The Partners table has these columns:
|
Column Name |
Description |
||
|---|---|---|---|
|
Risk Score |
The severity of the detected Risk Indicators.
|
||
|
Partner Domain |
The partner's domain and its name.
|
||
|
Communication Volume |
An indicator of how many emails were exchanged with the partner in the last two weeks.
|
||
|
Internal Contacts |
The internal contacts that corresponded with the partner domain.
|
||
|
Partner Contacts |
The contacts from the partner domain that corresponded with your domain.
|
||
|
Risk Indicators |
A list of reasons a partner is considered potentially compromised. If Harmony Email & Collaboration detects a partner as uncompromised, it shows no indicators. For more information, see Risk Indicators. |
||
|
Last Risk Date |
Last time when a risk indicator was detected. |
Risk Indicators
Harmony Email & Collaboration detects different risk indicators and assigns them to partners. Each risk indicator has a risk score attached to it.
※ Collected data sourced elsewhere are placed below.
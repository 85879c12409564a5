-- ===== src/Time/Readable/Tests.antt =====
-- A second of the year 2021.
use vk.Prelude.{◌≡◌, refl, done}
use vk.Time.Readable.{Readable, convert_to_readable_time}
use vk.Time.Readable.Ranges.{IsInRange, convert_to_readable_time-IsInRange}

-- 3 December 2021, 17:45:09
convert_to_readable_time-december :
    convert_to_readable_time 1638553509
    ≡ done (record { seconds = 9; minutes = 45; hour = 17; day = 3; month = 12; year = 121 })
unfolding convert_to_readable_time
convert_to_readable_time-december = refl

convert_to_readable_time-IsInRange_example :
    (r : Readable) × (convert_to_readable_time 1638553509 ≡ done r) × IsInRange r
convert_to_readable_time-IsInRange_example = convert_to_readable_time-IsInRange 1638553509
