-- ===== src/Util.antt =====
-- util/: data structures and the functions of a small C library.
pub mod Queue
pub mod Number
The risk indicators have these values:
|
Severity |
Risk Indicator |
Description |
|---|---|---|
|
Highest |
Phishing emails sent to your organization |
Check Point detected high-confidence phishing emails sent to your organization from this domain, and the sender was authenticated (SPF pass). |
|
High |
Phishing emails sent to other organizations |
Check Point detected high-confidence phishing emails sent to other Check Point customers from this domain, and the sender was authenticated (SPF pass). |
|
High |
Partner impersonation emails sent to your organization |
Check Point detected high-confidence phishing emails sent to your organization from this domain, but the sender was not authenticated (SPF fail). |
|
High |
Service being used to send phishing emails to your organization |
Check Point detected high-confidence phishing emails sent to your organization from this domain. This domain is a publicly available service that allows sending emails from it. |
|
Medium |
Partner impersonation emails sent to other organizations |
Check Point detected high-confidence phishing emails sent to other Check Point customers from this domain, but the sender was not authenticated (SPF fail). |
|
Medium |
Service being used to send phishing emails to other organizations |
Check Point detected high-confidence phishing emails sent to other Check Point customers from this domain, and this domain is a publicly available service that allows sending emails from it. |
Stop Considering a Partner as Compromised
When Harmony Email & Collaboration detects a partner as compromised, it adds the relevant risk indicator to the partner. This risk indicator remains valid only for the next 72 hours.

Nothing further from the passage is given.